**GIVEN ENTRIES**.
--- --- ---
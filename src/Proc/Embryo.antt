-- ===== src/Proc/Embryo.antt =====
-- The slots in state EMBRYO, which belong to the fork or userinit that took them.
use boss_os.Base.{
  List, Option, [], ap, ap₂, arith, get_elem?, if◌then◌else◌, none, refl, some, suc, zero, ℕ, ◌∷◌,
  ◌≡◌, ◌≢◌,
}
use boss_os.Proc.{Chan, Proc, ProcState, ◌=s◌}
use boss_os.Proc.Table.{modify}
use boss_os.Proc.Life.{wake, wakeup1}

-- The stack of an EMBRYO slot.
abbrev pub embryo_of : Proc → Option ℕ
embryo_of p = if p.state =s ProcState.embryo then some p.kstack else none

unfoldable pub embryos : List Proc → List (Option ℕ)
embryos [] = []
embryos (p ∷ ps) = embryo_of p ∷ embryos ps

pub embryos-get :
    (ps : List Proc) (i : ℕ) (p : Proc)
    → get_elem? ps i ≡ some p
    → get_elem? (embryos ps) i ≡ some (embryo_of p)
unfolding embryos
embryos-get [] i p h = cc
embryos-get (q ∷ ps) zero p h = let is : q ≡ p = cc in ap (λ x. some (embryo_of x)) is
embryos-get (q ∷ ps) (suc i) p h = embryos-get ps i p h

pub embryos-modify_same :
    (i : ℕ) (f : Proc → Proc) (ps : List Proc)
    → ((p : Proc) → get_elem? ps i ≡ some p → embryo_of (f p) ≡ embryo_of p)
    → embryos (modify i f ps) ≡ embryos ps
unfolding embryos
embryos-modify_same i f [] h = refl
embryos-modify_same zero f (p ∷ ps) h = ap (λ o. o ∷ embryos ps) (h p refl)
embryos-modify_same (suc i) f (p ∷ ps) h = ap (λ l. embryo_of p ∷ l) (embryos-modify_same i f ps h)

pub embryos-modify_ne :
    (i j : ℕ) (f : Proc → Proc) (ps : List Proc)
    → i ≢ j
    → get_elem? (embryos (modify i f ps)) j ≡ get_elem? (embryos ps) j
unfolding embryos
embryos-modify_ne i j f [] ne = refl
embryos-modify_ne zero zero f (p ∷ ps) ne = absurd (ne refl)
embryos-modify_ne zero (suc j) f (p ∷ ps) ne = refl
embryos-modify_ne (suc i) zero f (p ∷ ps) ne = refl
embryos-modify_ne (suc i) (suc j) f (p ∷ ps) ne = embryos-modify_ne i j f ps (λ e. ne (ap suc e))

-- What stands at the changed index, if the entry was an EMBRYO.
pub embryos-modify_at :
    (i : ℕ) (f : Proc → Proc) (ps : List Proc) (o : Option ℕ)
    → get_elem? (embryos ps) i ≡ some o
    → (p : Proc) × (get_elem? ps i ≡ some p)
      × (embryo_of p ≡ o)
      × (get_elem? (embryos (modify i f ps)) i ≡ some (embryo_of (f p)))
unfolding embryos
embryos-modify_at i f [] o h = cc
embryos-modify_at zero f (p ∷ ps) o h = (p, refl, cc, refl)
embryos-modify_at (suc i) f (p ∷ ps) o h = embryos-modify_at i f ps o h

wake-embryo_of : (c : Chan) (p : Proc) → embryo_of (wake c p) ≡ embryo_of p
wake-embryo_of c p = ground arith

pub embryos-wakeup1 : (c : Chan) (ps : List Proc) → embryos (wakeup1 c ps) ≡ embryos ps
unfolding embryos wakeup1
embryos-wakeup1 c [] = refl
embryos-wakeup1 c (p ∷ ps) = ap₂ ◌∷◌ (wake-embryo_of c p) (embryos-wakeup1 c ps)

pub embryo_of-state :
    (p : Proc) (k : ℕ) → embryo_of p ≡ some k → (p.state ≡ ProcState.embryo) × (p.kstack ≡ k)
embryo_of-state p k h = ground arith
--- --- ---
**PROBLEM TO SOLVE**. Pull every line holding "refl" out of the records.

**OUTPUT**.
  List, Option, [], ap, ap₂, arith, get_elem?, if◌then◌else◌, none, refl, some, suc, zero, ℕ, ◌∷◌,
embryos-modify_same i f [] h = refl
embryos-modify_same zero f (p ∷ ps) h = ap (λ o. o ∷ embryos ps) (h p refl)
embryos-modify_ne i j f [] ne = refl
embryos-modify_ne zero zero f (p ∷ ps) ne = absurd (ne refl)
embryos-modify_ne zero (suc j) f (p ∷ ps) ne = refl
embryos-modify_ne (suc i) zero f (p ∷ ps) ne = refl
embryos-modify_at zero f (p ∷ ps) o h = (p, refl, cc, refl)
embryos-wakeup1 c [] = refl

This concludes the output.